**WHAT THE EXERCISE ASKS:** Among the entries below, extract exactly the lines that run from the one with "0xbb 0xdd 0x0e" through the one with "0xef 0x57 0xeb", both ends included.

Collected data:
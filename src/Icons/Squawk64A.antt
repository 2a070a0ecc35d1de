-- ===== src/Icons/Squawk64A.antt =====
-- `squawk64_png` of src/_icons.h, lines 1380 to 1483 of that file.
use upnp.Prelude.{ℕ, List, ◌++◌}
use upnp.Icons.Row.{row}

abbrev pub squawk64_png_a : List ℕ
squawk64_png_a =
    row 0x89 0x50 0x4e 0x47 0x0d 0x0a 0x1a 0x0a 0x00 0x00 0x00 0x0d
    ++ row 0x49 0x48 0x44 0x52 0x00 0x00 0x00 0x40 0x00 0x00 0x00 0x40
    ++ row 0x08 0x06 0x00 0x00 0x00 0xaa 0x69 0x71 0xde 0x00 0x00 0x0e
    ++ row 0x44 0x49 0x44 0x41 0x54 0x78 0xda 0xed 0x59 0x09 0x74 0x15
    ++ row 0xd5 0x19 0xfe 0x67 0xe6 0xcd 0xdb 0xd7 0x84 0x6c 0x08 0xd9
    ++ row 0x13 0x92 0x48 0x20 0xd5 0x82 0x48 0x11 0xdc 0xf0 0xa0 0xd4
    ++ row 0xa5 0x6e 0x3d 0xb4 0x7a 0xe4 0x50 0xa5 0x95 0xe3 0xa9 0x68
    ++ row 0x2b 0xd5 0xd6 0x6a 0xa9 0x45 0x39 0xa7 0x68 0x41 0x50 0x54
    ++ row 0xb0 0xa2 0x28 0x08 0x52 0xa0 0x42 0xc3 0x11 0x21 0x81 0x80
    ++ row 0x2c 0x45 0x64 0x53 0x42 0x68 0xe2 0xc2 0x9a 0x90 0x40 0x20
    ++ row 0xdb 0xdb 0x67 0xfa 0xff 0xf7 0xcd 0xbc 0x4c 0x5e 0xde 0xcb
    ++ row 0x06 0x12 0x40 0xfe 0x73 0xe6 0xcc 0x9d 0x3b 0x77 0xee 0xfc
    ++ row 0xdf 0x77 0xff 0xed 0xce 0x70 0xf0 0x03 0x17 0xae 0xb7 0x15
    ++ row 0xe8 0x6d 0xb9 0x4c 0x40 0x6f 0x2b 0xd0 0xdb 0x72 0x99 0x80
    ++ row 0xde 0x56 0xa0 0xb7 0xe5 0x32 0x01 0xbd 0xad 0x40 0x6f 0xcb
    ++ row 0x65 0x02 0x7a 0x5b 0x81 0xde 0x96 0xcb 0x04 0xf4 0xb6 0x02
    ++ row 0xbd 0x2d 0x97 0x3c 0x01 0xdf 0x4c 0x1e 0x90 0x40 0x38 0x33
    ++ row 0x66 0x56 0x9c 0xf8 0x41 0x11 0xb0 0x7e 0xfd 0xfa 0x74 0x73
    ++ row 0xcd 0x97 0x6f 0x24 0xed 0x78 0xe3 0x16 0xe0 0x38 0x0f 0x27
    ++ row 0x05 0x7f 0x8e 0x24 0xac 0xfa 0x41 0x10 0x80 0xe0 0xe3 0x74
    ++ row 0x3a 0xdd 0xbe 0xc4 0xc4 0xc4 0x14 0xd3 0xde 0xe5 0x9c 0xbc
    ++ row 0xf5 0x3d 0x90 0x79 0xc1 0x8b 0x24 0xe4 0x20 0x09 0x87 0x2f
    ++ row 0x69 0x02 0x4a 0x4a 0x4a 0x6c 0x82 0x20 0x6c 0x49 0x4e 0x4e
    ++ row 0x2e 0x88 0x8b 0x8b 0xe3 0x7d 0xcd 0x0d 0xe0 0x9b 0xf7 0x00
    ++ row 0x40 0xf3 0x29 0x08 0xe8 0x4c 0x2b 0x72 0x66 0xec 0xbe 0xfb
    ++ row 0x92 0x25 0x00 0xc1 0x0f 0xe5 0x38 0x6e 0x45 0x52 0x52 0x52
    ++ row 0x42 0x4a 0x4a 0x8a 0x48 0x7d 0x81 0x40 0x00 0xdc 0x6b 0x5e
    ++ row 0x86 0xe0 0x17 0x2b 0x40 0xe6 0xf8 0x20 0x27 0x4b 0x09 0x68
    ++ row 0x05 0xf5 0x97 0x14 0x01 0x1b 0x36 0x6c 0xe0 0x11 0xf8 0x73
    ++ row 0xd8 0x9c 0x9c 0x91 0x91 0xe1 0xb0 0xd9 0x6c 0x20 0xcb 0x72
    ++ row 0xf8 0xbe 0xbb 0xbc 0x0c 0x7c 0x1f 0xfd 0x81 0xb5 0x65 0xe0
    ++ row 0x26 0x65 0xce 0x3c 0x30 0xf7 0x92 0x21 0xa0 0xb4 0xb4 0x74
    ++ row 0x2c 0xcf 0xf3 0xb3 0x4c 0x26 0x53 0x52 0x5a 0x5a 0x9a 0x55
    ++ row 0x14 0xc5 0x76 0x63 0x82 0xde 0x16 0x68 0x9a 0x71 0x2b 0x9a
    ++ row 0x83 0x17 0x3c 0xa2 0x6d 0x53 0xfe 0x8c 0x9d 0x23 0x2f 0x7a
    ++ row 0x02 0xca 0xca 0xca 0x6e 0xc1 0x55 0x9f 0x85 0xc1 0x2e 0x05
    ++ row 0x4d 0xde 0xe1 0x74 0x3a 0x63 0x8e 0x25 0x6b 0x68 0x5c 0xf8
    ++ row 0x38 0x48 0x5f 0x6f 0x87 0x20 0x2f 0x7a 0x05 0xc9 0x6f 0xce
    ++ row 0x7c 0xf5 0x7f 0xd2 0x45 0x49 0xc0 0xc6 0x8d 0x1b 0x47 0xe2
    ++ row 0x8a 0xcf 0x46 0xe0 0x69 0x09 0x09 0x09 0x0e 0xbb 0xdd 0x0e
    ++ row 0xd8 0x8e 0x0a 0x5a 0x2b 0xee 0xb2 0x05 0xe0 0x2b 0x09 0x5b
    ++ row 0x7e 0x5e 0xe6 0xec 0xca 0x8a 0x8b 0x86 0x00 0x4c 0x6b 0x4e
    ++ row 0x04 0xfd 0x20 0x36 0x1f 0x47 0xb0 0xf1 0xb8 0xe2 0x4e 0x87
    ++ row 0xc3 0xc1 0x80 0xa3 0x15 0xc4 0x04 0xad 0x15 0xef 0x57 0xeb
    ++ row 0xc1 0xbd 0xf4 0x99 0xd0 0x38 0x8e 0xbb 0x23 0x7b 0x76 0xe5
    ++ row 0xaa 0x0b 0x9a 0x80 0xe2 0xe2 0x62 0x3b 0x82 0xbe 0x19 0x7d
    ++ row 0xfa 0x57 0x78 0x39 0x02 0x01 0xeb 0x30 0xad 0x99 0x51 0x80
    ++ row 0xfc 0xbc 0xab 0xc0 0x49 0x82 0xc1 0x20 0xf8 0x8e 0xec 0x07
    ++ row 0xef 0xdb 0x13 0xd8 0x75 0x8b 0x21 0x6e 0x5a 0xe1 0x2b 0x9f
    ++ row 0x3f 0x7b 0x41 0x11 0xb0 0x72 0xe5 0x4a 0x3b 0x82 0x1a 0x84
    ++ row 0xc7 0xf5 0x08 0xfc 0x3e 0x3c 0xa7 0xd3 0x2a 0xbb 0x5c 0x2e
    ++ row 0xbb 0x6a 0xe6 0x74 0xe0 0xbd 0x76 0xcf 0x76 0x44 0x00 0x81
    ++ row 0xf7 0xfb 0xfd 0x20 0x7b 0x9a 0xc0 0xfb 0xf2 0xad 0xac 0xaf
    ++ row 0xc9 0x94 0x58 0x5c 0xf4 0xca 0xf6 0xb1 0xe7 0x94 0x80 0xaa
    ++ row 0xc7 0xb2 0xcc 0x78 0xb2 0xe2 0xe1 0x23 0x92 0xb3 0xe6 0x54
    ++ row 0xf9 0xa2 0x8d 0x5b 0xbd 0x7a 0x35 0x87 0x4a 0xa5 0x21 0xc0
    ++ row 0x22 0x54 0x7c 0x08 0x02 0x1a 0x8e 0xd7 0x05 0x78 0xcb 0x88
    ++ row 0x91 0x3c 0x80 0x60 0x6d 0x08 0x5a 0xb4 0x58 0x2c 0x6c 0x95
    ++ row 0x09 0x34 0x16 0x36 0x6d 0x56 0xbc 0x2b 0x04 0x50 0x9f 0x24
    ++ row 0x49 0x0c 0xbc 0x2a 0xbe 0x97 0x6f 0x43 0x22 0x1a 0xc1 0x6d
    ++ row 0x70 0x95 0x17 0xce 0xda 0x55 0xd0 0x29 0x01 0xdb 0xc7 0x65
    ++ row 0xbb 0x38 0x9d 0xee 0x39 0x5e 0x34 0x4c 0x3e 0x1b 0x72 0xea
    ++ row 0x46 0x4c 0xd8 0x2e 0x66 0x0e 0xb6 0xf9 0x3c 0x1e 0xa7 0xcf
    ++ row 0xeb 0xb5 0x21 0x28 0x3f 0x82 0x15 0x2c 0x56 0xab 0x1d 0x4d
    ++ row 0x9a 0x23 0xb3 0x26 0x90 0x24 0xb4 0xc2 0x3a 0x6c 0xd3 0x59
    ++ row 0xed 0xeb 0x08 0x68 0xac 0x7e 0x66 0xf6 0xbe 0xd0 0x1a 0xa8
    ++ row 0xe4 0xf9 0xdf 0x79 0x04 0xe4 0xe3 0x15 0xe0 0xd7 0x99 0x4f
    ++ row 0x17 0xbc 0x56 0xee 0x8a 0x49 0x00 0x02 0x8f 0x13 0x74 0xfc
    ++ row 0x54 0x29 0x10 0x7c 0xc8 0x61 0xd7 0x1b 0x81 0x97 0xc5 0x40
    ++ row 0x50 0xea 0x3e 0x72 0x52 0xac 0xa5 0x01 0x6a 0xf2 0xc6 0x02
    ++ row 0x3f 0x6a 0x3c 0x5c 0x91 0x9d 0x05 0x82 0xcf 0x1f 0xea 0x57
    ++ row 0xc0 0x92 0x72 0x2a 0x58 0xf5 0x9a 0x94 0x92 0xb5 0x73 0xa8
    ++ row 0xcd 0x98 0xaf 0x91 0xdb 0xbc 0xd3 0x8f 0xd5 0x1f 0x11 0x40
    ++ row 0x07 0x89 0x4a 0x64 0x70 0xc9 0x53 0x20 0x57 0x6d 0xa7 0x8a
    ++ row 0x50 0xc6 0x8a 0x50 0xcc 0x79 0xeb 0x50 0xb0 0x0d 0x01 0x04
    ++ row 0x9c 0x03 0xf9 0x19 0xe0 0xf8 0x89 0x3a 0xd9 0x6d 0x72 0xda
    ++ row 0x44 0x29 0x29 0x2d 0xc5 0x70 0xa2 0xf6 0x64 0x8f 0x57 0x3f
    ++ row 0xe8 0x0b 0xc0 0x99 0xda 0x46 0x38 0x76 0xcf 0x0c 0x18 0x30
    ++ row 0x7c 0x14 0x18 0x0d 0x46 0xd0 0xa1 0x69 0x32 0x5f 0xa6 0x95
    ++ row 0x89 0x02 0x90 0x83 0xd8 0x66 0xdd 0x11 0x01 0x04 0x98 0x4a
    ++ row 0x5f 0xf5 0x9a 0xcc 0x5f 0x75 0x23 0x12 0x69 0xf9 0x9f 0x41
    ++ row 0xae 0x28 0x53 0x1f 0x73 0xe4 0xce 0x3b 0xdc 0xc0 0x29 0xc0
    ++ row 0xad 0x9c 0x1c 0xbc 0x1b 0x47 0xbf 0xaa 0x93 0xdc 0x46 0x5d
    ++ row 0xb0 0xd9 0x80 0x44 0x40 0xca 0x80 0x9c 0x00 0x87 0x16 0xd9
    ++ row 0xd0 0xd8 0xdc 0x63 0x02 0x48 0x9a 0xaa 0x4f 0x41 0xcd 0xd5
    ++ row 0xe3 0xc0 0x7e 0xe3 0x43 0x90 0x94 0xda 0x1f 0x44 0xad 0x35
    ++ row 0xc5 0x22 0xa0 0x83 0xfb 0x91 0xfd 0x81 0x08 0xe0 0x2a 0x29
    ++ row 0x7e 0x74 0x01 0x22 0x40 0xd4 0xeb 0x43 0x9d 0xab 0xa6 0x81
    ++ row 0xfc 0xe5 0x5a 0x75 0x48 0xdf 0xdc 0xf9 0x47 0x8e 0x33 0x02
    ++ row 0xfe 0x7b 0x6f 0xdf 0x17 0x74 0xbc 0xf4 0x94 0x28 0xb5 0x18
    ++ row 0xd4 0xd7 0xd0 0xe2 0xa4 0x17 0x16 0x80 0x4f 0x31 0x27 0x08
    ++ row 0x2b 0xc7 0xb5 0x6a 0xd9 0xa6 0xdd 0x5e 0x24 0x04 0xea 0xf1
    ++ row 0x78 0xa1 0xe9 0x54 0x03 0xd4 0x25 0x16 0x81 0x7b 0xf4 0xe3
    ++ row 0x30 0x60 0xf0 0x60 0x66 0x01 0x9c 0xa2 0x6c 0x5b 0xa5 0xdb
    ++ row 0x4f 0x27 0x47 0x21 0x80 0xfa 0x48 0x27 0x0a 0x72 0x5a 0xdd
    ++ row 0xda 0xbc 0x1b 0xef 0x11 0x29 0x34 0x57 0x98 0x80 0x35 0x33
    ++ row 0x00 0x76 0x87 0x3f 0x09 0xe4 0x0c 0xf8 0xe7 0xb1 0x4a 0xf6
    ++ row 0xae 0x6d 0xf7 0xa5 0x1e 0xb1 0xc8 0xf5 0x57 0xa8 0x77 0x2c
    ++ row 0x76 0x1b 0x38 0x12 0xfb 0x80 0xc5 0x69 0xc7 0x17 0x48 0x6d
    ++ row 0x22 0xb0 0xda 0x8e 0xd6 0x17 0x55 0x50 0xd9 0xea 0x23 0xd5
    ++ row 0x70 0xd4 0x63 0x82 0x9a 0xb1 0x53 0xa1 0x68 0xd8 0x30 0x10
    ++ row 0xb0 0x2f 0x2a 0x01 0x1a 0x0b 0x50 0xaf 0x08 0x88 0x84 0x63
    ++ row 0x64 0x02 0x8b 0x87 0x1a 0xdd 0x3b 0x13 0xe6 0x0e 0xfe 0x00
    ++ row 0x5b 0x48 0xbd 0xc1 0xc0 0xfa 0xf8 0x75 0x73 0x00 0x76 0x2c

**WRITTEN RESPONSE:**
    ++ row 0x8a 0xcf 0x46 0xe0 0x69 0x09 0x09 0x09 0x0e 0xbb 0xdd 0x0e
    ++ row 0xd8 0x8e 0x0a 0x5a 0x2b 0xee 0xb2 0x05 0xe0 0x2b 0x09 0x5b
    ++ row 0x7e 0x5e 0xe6 0xec 0xca 0x8a 0x8b 0x86 0x00 0x4c 0x6b 0x4e
    ++ row 0x04 0xfd 0x20 0x36 0x1f 0x47 0xb0 0xf1 0xb8 0xe2 0x4e 0x87
    ++ row 0xc3 0xc1 0x80 0xa3 0x15 0xc4 0x04 0xad 0x15 0xef 0x57 0xeb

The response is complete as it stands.